Work instruction: All records below must be retyped exactly.
START Extracted information
-- ===== src/Timeline/Linked.antt =====
-- The invariant that ties observations to their entries, and what keeps it.
use tracegarden.Prelude.{
  ℕ, ◌+◌, ◌≡◌, refl, sym, ◌∙◌, subst, inl, inr, Bool, true, false, Option, none, some, [], ◌∷◌,
  ◌++◌, arith, ◌==◌, Bool-cases, some_inj, any, find, Str, ◌===◌, ===_iff, ===_refl,
}
use tracegarden.Prelude.Dict.{Dict, get, set, values, KeysDistinct, get-set, set-KeysDistinct}
use tracegarden.Prelude.Result.{ok}
use tracegarden.Cluster.{Observation, mark_recovery}
use tracegarden.Timeline.Records.{Entry, observed, experiment, Store}
use tracegarden.Timeline.Ingest.{
  shows, observation_key, timeline_entry_for, previous_of, store_observation, ingest,
}
use tracegarden.Timeline.Keyed.{Keyed}

-- No NUL in the text, so that it ends where a key's separator stands.
abbrev pub has_nul : Str → Bool
has_nul s = any (λ c. c == 0) s

abbrev pub IsPlain : Observation → Type 0
IsPlain o = (has_nul o.workspace_id ≡ false) × (has_nul o.cluster_id ≡ false)

split_nul :
    (a b a' b' : Str)
    → has_nul a ≡ false
    → has_nul a' ≡ false
    → a ++ (0 ∷ b) ≡ a' ++ (0 ∷ b')
    → (a ≡ a') × (b ≡ b')
split_nul [] b [] b' h h' e = (refl, cc)
split_nul [] b (x ∷ a') b' h h' e = ground arith
split_nul (x ∷ a) b [] b' h h' e = ground arith
split_nul (x ∷ a) b (y ∷ a') b' h h' e =
    let (p, q) = split_nul a b a' b' (ground arith) (ground arith) cc in (cc, q)

-- Observations without NULs in their workspaces and clusters have one key only if they agree on both
-- and on the source's key.
pub observation_key_inj :
    (o x : Observation)
    → IsPlain o
    → IsPlain x
    → observation_key o ≡ observation_key x
    → (o.workspace_id ≡ x.workspace_id)
      × (o.cluster_id ≡ x.cluster_id)
      × (o.source_key ≡ x.source_key)
unfolding observation_key
observation_key_inj o x p q e =
    let (w, r) = split_nul o.workspace_id _ x.workspace_id _ p.0 q.0 e in
    let (c, k) = split_nul o.cluster_id _ x.cluster_id _ p.1 q.1 r in (w, c, k)

abbrev pub IsSound : Entry → Type 0
IsSound e = elim e.content [
  | observed x ↦
      (e.workspace_id ≡ x.observation.workspace_id) × (x.cluster_id ≡ x.observation.cluster_id)
  | experiment x ↦ Unit
]

-- The observation under a key.
abbrev pub IsShown : Str → Observation → Dict Entry → Type 0
IsShown k o entries =
    (k ≡ observation_key o)
    × IsPlain o
    × ((id : Str) × (e : Entry) × (get id entries ≡ some e) × (shows o e ≡ true))

-- Observations and entries stand under their keys, and each observation has an entry.
pub record IsLinked (s : Store) : Type 0 where
  pub keyed : Keyed s.entries
  pub keys : KeysDistinct s.observations
  pub sound : (id : Str) (e : Entry) → get id s.entries ≡ some e → IsSound e
  pub shown : (k : Str) (o : Observation) → get k s.observations ≡ some o → IsShown k o s.entries

find-get :
    (p : Entry → Bool) (id : Str) (m : Dict Entry) (e : Entry)
    → get id m ≡ some e
    → p e ≡ true
    → (x : Entry) × (find p (values m) ≡ some x)
unfolding get
find-get p id [] e g h = absurd cc
find-get p id ((k, x) ∷ m) e g h = elim (Bool-cases (p x)) [
  | inl t ↦ (x, rw t refl)
  | inr t ↦ let (y, f) = find-get p id m e (ground arith) h in (y, rw t f)
]

shows_same :
    (o x : Observation) (e : Entry)
    → o.workspace_id ≡ x.workspace_id
    → o.cluster_id ≡ x.cluster_id
    → o.source_key ≡ x.source_key
    → shows x e ≡ true
    → shows o e ≡ true
shows_same o x e w c k h = rw (w, c, k) h

-- An observation that is known is found with its entry, and nothing changes.
pub ingest_known :
    (id : Str) (o x : Observation) (s : Store)
    → IsLinked s
    → IsPlain o
    → get (observation_key o) s.observations ≡ some x
    → (e : Entry) × (ingest id o s
        ≡ (ok (record { observation = x; entry = e; duplicate = true }), s))
unfolding ingest
ingest_known id o x s l p g =
    let (k, q, (i, e, f, h)) = l.shown _ x g in
    let (w, c, y) = observation_key_inj o x p q k in
    let (e', r) = find-get (shows o) i s.entries e f (shows_same o x e w c y h) in
    (e', rw (g, ingest, r) refl)

pub Keyed-set_new :
    (k : Str) (e : Entry) (m : Dict Entry) → get k m ≡ none → e.id ≡ k → Keyed m → Keyed (set k e m)
unfolding get set
Keyed-set_new k e [] g i h = (i, refl, tt)
Keyed-set_new k e ((j, x) ∷ m) g i h = elim (Bool-cases (j === k)) [
  | inl t ↦ absurd (ground arith)
  | inr t ↦ rw t (
    h.0,
    rw get-set (ground (arith, h, ===_iff k j, ===_iff j k)),
    Keyed-set_new k e m (ground arith) i h.2,
  )
]

mark_recovery_same :
    (o : Observation) (p : Option Observation)
    → let o' = mark_recovery o p in
      (o'.workspace_id ≡ o.workspace_id)
      × (o'.cluster_id ≡ o.cluster_id)
      × (o'.source_key ≡ o.source_key)
unfolding mark_recovery
mark_recovery_same o p = ground arith

pub mark_recovery-key :
    (o : Observation) (p : Option Observation)
    → observation_key (mark_recovery o p) ≡ observation_key o
unfolding observation_key
mark_recovery-key o p = let (w, c, k) = mark_recovery_same o p in rw (w, c, k) refl

shows_itself : (o : Observation) (id : Str) (n : ℕ) → shows o (timeline_entry_for id o n) ≡ true
unfolding timeline_entry_for
shows_itself o id n =
    rw (===_refl o.source_key, ===_refl o.workspace_id, ===_refl o.cluster_id) refl

-- A new observation is stored with its entry.
pub store_observation-IsLinked :
    (id : Str) (o : Observation) (s : Store)
    → get id s.entries ≡ none
    → IsPlain o
    → IsLinked s
    → IsLinked (store_observation id o s).1
unfolding store_observation timeline_entry_for
store_observation-IsLinked id o s f p l =
    let m = mark_recovery o (previous_of o s) in
    let entry = timeline_entry_for id m (s.next_sequence + 1) in
    let entries = set id entry s.entries in
    let (w, c, k) = mark_recovery_same o (previous_of o s) in
    record {
      keyed = Keyed-set_new id _ s.entries f refl l.keyed;
      keys = set-KeysDistinct (observation_key o) m s.observations l.keys;
      sound = λ i e g. elim (Bool-cases (id === i)) [
        | inl t ↦ subst IsSound (some_inj _ _ (rw (get-set, t) at g)) (refl, refl)
        | inr t ↦ l.sound i e (rw (get-set, t) at g)
      ];
      shown = λ j x g. elim (Bool-cases (observation_key o === j)) [
        | inl t ↦
            subst (λ y. IsShown j y entries) (some_inj _ _ (rw (get-set, t) at g))
              (
                sym ((===_iff (observation_key o) j).0 t) ∙ sym (mark_recovery-key o _),
                (rw w p.0, rw c p.1),
                (id, entry, rw get-set (rw ===_refl refl), shows_itself m id (s.next_sequence + 1)),
              )
        | inr t ↦
            let (e, q, (i, y, h, v)) = l.shown j x (rw (get-set, t) at g) in
            (e, q, (i, y, rw get-set (ground (arith, ===_iff id i)), v))
      ];
    }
END Extracted information
Response to the exercise:
-- ===== src/Timeline/Linked.antt =====
-- The invariant that ties observations to their entries, and what keeps it.
use tracegarden.Prelude.{
  ℕ, ◌+◌, ◌≡◌, refl, sym, ◌∙◌, subst, inl, inr, Bool, true, false, Option, none, some, [], ◌∷◌,
  ◌++◌, arith, ◌==◌, Bool-cases, some_inj, any, find, Str, ◌===◌, ===_iff, ===_refl,
}
use tracegarden.Prelude.Dict.{Dict, get, set, values, KeysDistinct, get-set, set-KeysDistinct}
use tracegarden.Prelude.Result.{ok}
use tracegarden.Cluster.{Observation, mark_recovery}
use tracegarden.Timeline.Records.{Entry, observed, experiment, Store}
use tracegarden.Timeline.Ingest.{
  shows, observation_key, timeline_entry_for, previous_of, store_observation, ingest,
}
use tracegarden.Timeline.Keyed.{Keyed}

-- No NUL in the text, so that it ends where a key's separator stands.
abbrev pub has_nul : Str → Bool
has_nul s = any (λ c. c == 0) s

abbrev pub IsPlain : Observation → Type 0
IsPlain o = (has_nul o.workspace_id ≡ false) × (has_nul o.cluster_id ≡ false)

split_nul :
    (a b a' b' : Str)
    → has_nul a ≡ false
    → has_nul a' ≡ false
    → a ++ (0 ∷ b) ≡ a' ++ (0 ∷ b')
    → (a ≡ a') × (b ≡ b')
split_nul [] b [] b' h h' e = (refl, cc)
split_nul [] b (x ∷ a') b' h h' e = ground arith
split_nul (x ∷ a) b [] b' h h' e = ground arith
split_nul (x ∷ a) b (y ∷ a') b' h h' e =
    let (p, q) = split_nul a b a' b' (ground arith) (ground arith) cc in (cc, q)

-- Observations without NULs in their workspaces and clusters have one key only if they agree on both
-- and on the source's key.
pub observation_key_inj :
    (o x : Observation)
    → IsPlain o
    → IsPlain x
    → observation_key o ≡ observation_key x
    → (o.workspace_id ≡ x.workspace_id)
      × (o.cluster_id ≡ x.cluster_id)
      × (o.source_key ≡ x.source_key)
unfolding observation_key
observation_key_inj o x p q e =
    let (w, r) = split_nul o.workspace_id _ x.workspace_id _ p.0 q.0 e in
    let (c, k) = split_nul o.cluster_id _ x.cluster_id _ p.1 q.1 r in (w, c, k)

abbrev pub IsSound : Entry → Type 0
IsSound e = elim e.content [
  | observed x ↦
      (e.workspace_id ≡ x.observation.workspace_id) × (x.cluster_id ≡ x.observation.cluster_id)
  | experiment x ↦ Unit
]

-- The observation under a key.
abbrev pub IsShown : Str → Observation → Dict Entry → Type 0
IsShown k o entries =
    (k ≡ observation_key o)
    × IsPlain o
    × ((id : Str) × (e : Entry) × (get id entries ≡ some e) × (shows o e ≡ true))

-- Observations and entries stand under their keys, and each observation has an entry.
pub record IsLinked (s : Store) : Type 0 where
  pub keyed : Keyed s.entries
  pub keys : KeysDistinct s.observations
  pub sound : (id : Str) (e : Entry) → get id s.entries ≡ some e → IsSound e
  pub shown : (k : Str) (o : Observation) → get k s.observations ≡ some o → IsShown k o s.entries

find-get :
    (p : Entry → Bool) (id : Str) (m : Dict Entry) (e : Entry)
    → get id m ≡ some e
    → p e ≡ true
    → (x : Entry) × (find p (values m) ≡ some x)
unfolding get
find-get p id [] e g h = absurd cc
find-get p id ((k, x) ∷ m) e g h = elim (Bool-cases (p x)) [
  | inl t ↦ (x, rw t refl)
  | inr t ↦ let (y, f) = find-get p id m e (ground arith) h in (y, rw t f)
]

shows_same :
    (o x : Observation) (e : Entry)
    → o.workspace_id ≡ x.workspace_id
    → o.cluster_id ≡ x.cluster_id
    → o.source_key ≡ x.source_key
    → shows x e ≡ true
    → shows o e ≡ true
shows_same o x e w c k h = rw (w, c, k) h

-- An observation that is known is found with its entry, and nothing changes.
pub ingest_known :
    (id : Str) (o x : Observation) (s : Store)
    → IsLinked s
    → IsPlain o
    → get (observation_key o) s.observations ≡ some x
    → (e : Entry) × (ingest id o s
        ≡ (ok (record { observation = x; entry = e; duplicate = true }), s))
unfolding ingest
ingest_known id o x s l p g =
    let (k, q, (i, e, f, h)) = l.shown _ x g in
    let (w, c, y) = observation_key_inj o x p q k in
    let (e', r) = find-get (shows o) i s.entries e f (shows_same o x e w c y h) in
    (e', rw (g, ingest, r) refl)

pub Keyed-set_new :
    (k : Str) (e : Entry) (m : Dict Entry) → get k m ≡ none → e.id ≡ k → Keyed m → Keyed (set k e m)
unfolding get set
Keyed-set_new k e [] g i h = (i, refl, tt)
Keyed-set_new k e ((j, x) ∷ m) g i h = elim (Bool-cases (j === k)) [
  | inl t ↦ absurd (ground arith)
  | inr t ↦ rw t (
    h.0,
    rw get-set (ground (arith, h, ===_iff k j, ===_iff j k)),
    Keyed-set_new k e m (ground arith) i h.2,
  )
]

mark_recovery_same :
    (o : Observation) (p : Option Observation)
    → let o' = mark_recovery o p in
      (o'.workspace_id ≡ o.workspace_id)
      × (o'.cluster_id ≡ o.cluster_id)
      × (o'.source_key ≡ o.source_key)
unfolding mark_recovery
mark_recovery_same o p = ground arith

pub mark_recovery-key :
    (o : Observation) (p : Option Observation)
    → observation_key (mark_recovery o p) ≡ observation_key o
unfolding observation_key
mark_recovery-key o p = let (w, c, k) = mark_recovery_same o p in rw (w, c, k) refl

shows_itself : (o : Observation) (id : Str) (n : ℕ) → shows o (timeline_entry_for id o n) ≡ true
unfolding timeline_entry_for
shows_itself o id n =
    rw (===_refl o.source_key, ===_refl o.workspace_id, ===_refl o.cluster_id) refl

-- A new observation is stored with its entry.
pub store_observation-IsLinked :
    (id : Str) (o : Observation) (s : Store)
    → get id s.entries ≡ none
    → IsPlain o
    → IsLinked s
    → IsLinked (store_observation id o s).1
unfolding store_observation timeline_entry_for
store_observation-IsLinked id o s f p l =
    let m = mark_recovery o (previous_of o s) in
    let entry = timeline_entry_for id m (s.next_sequence + 1) in
    let entries = set id entry s.entries in
    let (w, c, k) = mark_recovery_same o (previous_of o s) in
    record {
      keyed = Keyed-set_new id _ s.entries f refl l.keyed;
      keys = set-KeysDistinct (observation_key o) m s.observations l.keys;
      sound = λ i e g. elim (Bool-cases (id === i)) [
        | inl t ↦ subst IsSound (some_inj _ _ (rw (get-set, t) at g)) (refl, refl)
        | inr t ↦ l.sound i e (rw (get-set, t) at g)
      ];
      shown = λ j x g. elim (Bool-cases (observation_key o === j)) [
        | inl t ↦
            subst (λ y. IsShown j y entries) (some_inj _ _ (rw (get-set, t) at g))
              (
                sym ((===_iff (observation_key o) j).0 t) ∙ sym (mark_recovery-key o _),
                (rw w p.0, rw c p.1),
                (id, entry, rw get-set (rw ===_refl refl), shows_itself m id (s.next_sequence + 1)),
              )
        | inr t ↦
            let (e, q, (i, y, h, v)) = l.shown j x (rw (get-set, t) at g) in
            (e, q, (i, y, rw get-set (ground (arith, ===_iff id i)), v))
      ];
    }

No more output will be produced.